There were several other sanghyangs that night. A man crawled about on all fours and ate garbage like a pig; another ran through a blazing fire and stomped it out with his bare feet. And always, at the end, there was the final violent, convulsive fight.
Bali is, by and large, a peaceful island. In the mountain villages, miles away from the bustling tourist beaches, it is possible to leave a suitcase by the side of the road and return several days later to claim it. People do not fight, drink excessively, or steal. The culture is based on agriculture, and the agricultural system— one that has fed the island for uncounted centuries—requires co-
operation of a very high order. Village water-control boards apportion irrigation rights to the water that flows off the slopes of the central volcanoes. The average size of a family farm is 2.5 acres, and water—hence cooperation—is essential. It is a system that works: No one goes hungry in Bali.
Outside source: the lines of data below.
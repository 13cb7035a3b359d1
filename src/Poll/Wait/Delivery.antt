-- ===== src/Poll/Wait/Delivery.antt =====
-- A terminal snapshot that comes in time is delivered (src/poll.rs).
use smspool_sdk.Prelude.{
  ℕ, zero, suc, ◌+◌, ◌*◌, ◌-◌, ◌≤◌, ◌<◌, ◌≡◌, refl, sym, subst, true, Option, none, some, ok, arith,
}
use smspool_sdk.Float.{Floats}
use smspool_sdk.Transport.Io.{Io, done, ◌>>=◌}
use smspool_sdk.Transport.Timed.{bind-done}
use smspool_sdk.Api.Sms.Check.{is_terminal}
use smspool_sdk.Poll.Orders.{SmsCheck, pending, received, terminated}
use smspool_sdk.Poll.Delay.{
  PollOptions, advance_interval, polling_delay, stop_conditions, sleep_or_stop, ask_or_stop,
}
use smspool_sdk.Poll.Delay.Laws.{polling_delay-IsPaced}
use smspool_sdk.Poll.Delay.Stops.{
  stop_conditions-calm, sleep_or_stop-calm, ask_or_stop-calm, stop_conditions_time,
  ask_or_stop_time,
}
use smspool_sdk.Poll.Wait.{
  PollError, deadline, cancelled, Checks, after_check, after_round, wait_loop, wait_for_sms,
}

module _ {P S T V : Type 0} (provider : Checks P S T V) where
  -- The check `n` is the first to answer a terminal snapshot, the ones before it are pending.
  pub record DeliversAt (n : ℕ) (snapshot : SmsCheck P S T) : Type 0 where
    pub waits : (k : ℕ) → k < n → (p : P) × ((provider.check k).answer ≡ ok (pending p))
    pub answers : (provider.check n).answer ≡ ok snapshot
    pub is_last : is_terminal snapshot ≡ true

  -- Each check takes some time, and at most `c`.
  abbrev pub TakesAtMost : ℕ → Type 0
  TakesAtMost c = (k : ℕ) → (0 < (provider.check k).takes) × ((provider.check k).takes ≤ c)

module _ (R : Floats) {P S T V : Type 0} (options : PollOptions (R.F)) (provider : Checks P S T V)
    (n c : ℕ) (snapshot : SmsCheck P S T) (calm : options.cancelled_at ≡ none)
    (time : TakesAtMost provider c) (delivery : DeliversAt provider n snapshot) where
  -- The time that one round may need.
  abbrev round_time : ℕ
  round_time = c + options.max_interval

  after_check-terminal :
      (last : Option (SmsCheck P S T))
      (again : Option (SmsCheck P S T) → Option ℕ → Io (PollError P S T V) (SmsCheck P S T))
      (s : SmsCheck P S T) (now : ℕ)
      → is_terminal s ≡ true
      → (after_check last again (ok s) now).exit ≡ done s
  unfolding after_check is_terminal
  after_check-terminal last again (pending p) now h = cc
  after_check-terminal last again (received s) now h = refl
  after_check-terminal last again (terminated t) now h = refl

  after_round-done :
      (round interval now spare : ℕ)
      (rest : Option (SmsCheck P S T) → Io (PollError P S T V) (SmsCheck P S T))
      (last : Option (SmsCheck P S T))
      → now + options.max_interval + spare < options.deadline
      → ((later : ℕ) → later + spare < options.deadline → (rest last later).exit ≡ done snapshot)
      → (after_round R options provider round interval rest last none now).exit ≡ done snapshot
  unfolding after_round
  after_round-done round interval now spare rest last h k =
      let delay = polling_delay R options (provider.draw round) interval none in
      let wait : Io (PollError P S T V) (Unit {0}) =
        sleep_or_stop (cancelled last) (deadline last) options delay in
      let paced = polling_delay-IsPaced R options (provider.draw round) interval none in
      let woken =
        sleep_or_stop-calm (cancelled last) (deadline last) options calm delay now
          (omega (arith, h, paced)) in
      bind-done wait (λ _. rest last) now tt snapshot woken.0
        (k (wait now).now (omega (arith, h, paced, woken.1)))

  one_more : (togo : ℕ) → suc togo * round_time ≡ round_time + togo * round_time
  one_more togo = grind arith

  at_least : (togo : ℕ) → togo ≤ togo * round_time
  at_least zero = omega arith
  at_least (suc togo) = omega (arith, one_more togo, at_least togo, time 0)

  enough :
      (togo now : ℕ)
      → now + suc togo * round_time < options.deadline
      → togo < suc (options.deadline - now)
  enough togo now h = omega (arith, h, time 0, at_least togo)

  -- The match on the answer of a round, with `togo` rounds to follow.
  after_check-done :
      (togo round interval now : ℕ)
      (rest : Option (SmsCheck P S T) → Io (PollError P S T V) (SmsCheck P S T))
      (last : Option (SmsCheck P S T))
      → round + togo ≡ n
      → now + options.max_interval + togo * round_time < options.deadline
      → ((before : ℕ) (last' : Option (SmsCheck P S T)) (later : ℕ)
          → togo ≡ suc before
          → later + togo * round_time < options.deadline
          → (rest last' later).exit ≡ done snapshot)
      → (after_check last
          (after_round R options provider round interval rest)
          (provider.check round).answer
          now).exit
        ≡ done snapshot
  unfolding after_check
  after_check-done zero round interval now rest last q h k =
      let again = after_round R options provider round interval rest in
      let here : round ≡ n = omega (arith, q) in
      let said = subst (λ r. (provider.check r).answer ≡ ok snapshot) (sym here) delivery.answers in
      subst (λ x. (after_check last again x now).exit ≡ done snapshot) (sym said)
        (after_check-terminal last again snapshot now delivery.is_last)
  after_check-done (suc togo) round interval now rest last q h k =
      let again = after_round R options provider round interval rest in
      let said = delivery.waits round (omega (arith, q)) in
      subst (λ x. (after_check last again x now).exit ≡ done snapshot) (sym said.1)
        (after_round-done round interval now (suc togo * round_time) rest (some (pending said.0)) h
          (λ later less. k togo (some (pending said.0)) later refl less))

  wait_loop-done :
      (togo left round interval now : ℕ) (last : Option (SmsCheck P S T))
      → round + togo ≡ n
      → togo < left
      → now + suc togo * round_time < options.deadline
      → (wait_loop R options provider left round interval last now).exit ≡ done snapshot
  unfolding wait_loop
  wait_loop-done togo zero round interval now last q less h = absurd (omega arith)
  wait_loop-done togo (suc left) round interval now last q less h =
      let rest =
        wait_loop R options provider left (suc round)
          (advance_interval interval options.max_interval) in
      let next = after_check last (after_round R options provider round interval rest) in
      let op = provider.check round in
      let ask = ask_or_stop (cancelled last) (deadline last) options op in
      let stop = stop_conditions (cancelled last) (deadline last) options in
      let start : (stop now).now ≡ now =
        (stop_conditions_time (cancelled last) (deadline last) options now).0 in
      let more = one_more togo in
      let asked =
        ask_or_stop-calm (cancelled last) (deadline last) options calm op (stop now).now
          (omega (arith, h, start, more, time round)) in
      let when =
        ask_or_stop_time (cancelled last) (deadline last) options op (stop now).now op.answer
          asked in
      bind-done stop (λ _. ask >>= next) now tt snapshot
        (stop_conditions-calm (cancelled last) (deadline last) options calm now
          (omega (arith, h, more, time round)))
        (bind-done ask next (stop now).now op.answer snapshot asked (
          after_check-done togo round interval (ask (stop now).now).now rest last q
            (omega (arith, h, start, more, time round, when))
            (λ before last' later r less'.
              wait_loop-done before left (suc round)
                (advance_interval interval options.max_interval) later last' (omega (arith, q, r))
                (omega (arith, less, r))
                (subst (λ m. later + m * round_time < options.deadline) r less'))))

-- A first terminal snapshot at the check `n`, after pending ones, is what the wait answers, when nobody
-- cancels and the deadline leaves room for `n + 1` checks of at most `c` and as many maximum intervals.
pub wait_for_sms-delivers :
    (R : Floats) {P S T V : Type 0} (options : PollOptions (R.F)) (provider : Checks P S T V)
    (n c now : ℕ) (snapshot : SmsCheck P S T)
    → options.cancelled_at ≡ none
    → TakesAtMost provider c
    → DeliversAt provider n snapshot
    → now + suc n * (c + options.max_interval) < options.deadline
    → (wait_for_sms R options provider now).exit ≡ done snapshot
unfolding wait_for_sms
wait_for_sms-delivers R options provider n c now snapshot calm time delivery h =
    wait_loop-done R options provider n c snapshot calm time delivery n
      (suc (options.deadline - now)) 0 options.base_interval now none (omega arith)
      (enough R options provider n c snapshot calm time delivery n now h) h
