-- ===== src/Poll/Wait/Code.antt =====
-- The code that `wait_for_code_with` extracts (src/poll.rs).
use smspool_sdk.Prelude.{ℕ, ◌≡◌, refl, true, String, Option, none, some, or_else}
use smspool_sdk.Float.{Floats}
use smspool_sdk.Transport.Io.{done, return}
use smspool_sdk.Transport.Rules.{bind-Yields}
use smspool_sdk.Transport.Timed.{return-Yields}
use smspool_sdk.Types.{Secret, sms_text}
use smspool_sdk.Api.Sms.Check.{ReceivedSms, is_terminal}
use smspool_sdk.Poll.Orders.{SmsCheck, pending, received, terminated}
use smspool_sdk.Poll.Delay.{PollOptions}
use smspool_sdk.Poll.Wait.{
  Checks, CodePollResult, extracted, code_of, wait_for_sms, wait_for_code_with,
}
use smspool_sdk.Poll.Wait.Answer.{IsAnswer, wait_for_sms-IsAnswer}

module _ {U : Type 0} (extractor : String → Option U) where
  -- What the code may be, given the two texts of a received SMS.
  abbrev pub FitsTexts : (full_sms sms : Option (Secret sms_text)) → Option U → Type 0
  FitsTexts (some text) sms code = code ≡ extractor text.expose
  FitsTexts none (some text) code = code ≡ extractor text.expose
  FitsTexts none none code = code ≡ none

  extracted-FitsTexts :
      (full_sms sms : Option (Secret sms_text))
      → FitsTexts full_sms sms (extracted extractor (or_else full_sms sms))
  unfolding extracted
  extracted-FitsTexts (some text) sms = refl
  extracted-FitsTexts none (some text) = refl
  extracted-FitsTexts none none = refl

  module _ {P T V : Type 0} where
    abbrev pub FitsCheck : SmsCheck P (ReceivedSms V) T → Option U → Type 0
    FitsCheck (received x) code = FitsTexts x.full_sms x.sms code
    FitsCheck (terminated t) code = code ≡ none
    FitsCheck (pending p) code = ⊥

    fits :
        (sms : SmsCheck P (ReceivedSms V) T)
        → is_terminal sms ≡ true
        → FitsCheck sms (code_of extractor sms)
    unfolding code_of is_terminal
    fits (pending p) h = cc
    fits (received x) h = extracted-FitsTexts x.full_sms x.sms
    fits (terminated t) h = refl

-- A wait for a code answers the provider's terminal snapshot and the code that the extractor finds in
-- the full text of a received SMS, or in the short one where there is no full one; there is no code
-- without a text, and none for a terminated order.
pub wait_for_code_with-fits :
    (R : Floats) {P T V U : Type 0} (extractor : String → Option U) (options : PollOptions (R.F))
    (provider : Checks P (ReceivedSms V) T V) (now : ℕ)
    (result : CodePollResult (SmsCheck P (ReceivedSms V) T) U)
    → (wait_for_code_with extractor R options provider now).exit ≡ done result
    → IsAnswer R options provider result.sms × FitsCheck extractor result.sms result.code
unfolding wait_for_code_with
wait_for_code_with-fits R {P} {T} {V} extractor options provider =
    bind-Yields (wait_for_sms R options provider)
      (λ sms. return (record { sms = sms; code = code_of extractor sms }))
      (IsAnswer R options provider)
      (λ result.
        IsAnswer R options provider result.sms × FitsCheck extractor result.sms result.code)
      (wait_for_sms-IsAnswer R options provider)
      (λ sms answer.
        return-Yields
          (λ result.
            IsAnswer R options provider result.sms × FitsCheck extractor result.sms result.code)
          (record { sms = sms; code = code_of extractor sms })
          (answer, fits extractor sms answer.0))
It is also a system that pays social dividends. Two and a half million people live closely on Bali's 5,623 square kilometers. In another culture this crush of humanity might breed crime and disorder. Not so in Bali. Infractions of the traditional law are dealt with harshly.
Every Balinese can tell of someone who was banished from his village for fighting or stealing. The banished person may stay, but he will receive no water for his crops, no one will sell him food or buy his services. No one will speak to him. Worse, he may not be cremated in his own village, where the ashes of his ancestors reside. This means there is no one to intercede for him in the afterlife and no chance for a favorable reincarnation. Banishment is a punishment that lasts for eternity.
A Balinese man told me a sad, terrifying tale one day. A young man had been banished from his village. He had gone to another place and changed his life. He married and settled down. When he tried to return to his home village, the people stood on the path with their arms folded across their chests and would not let him pass.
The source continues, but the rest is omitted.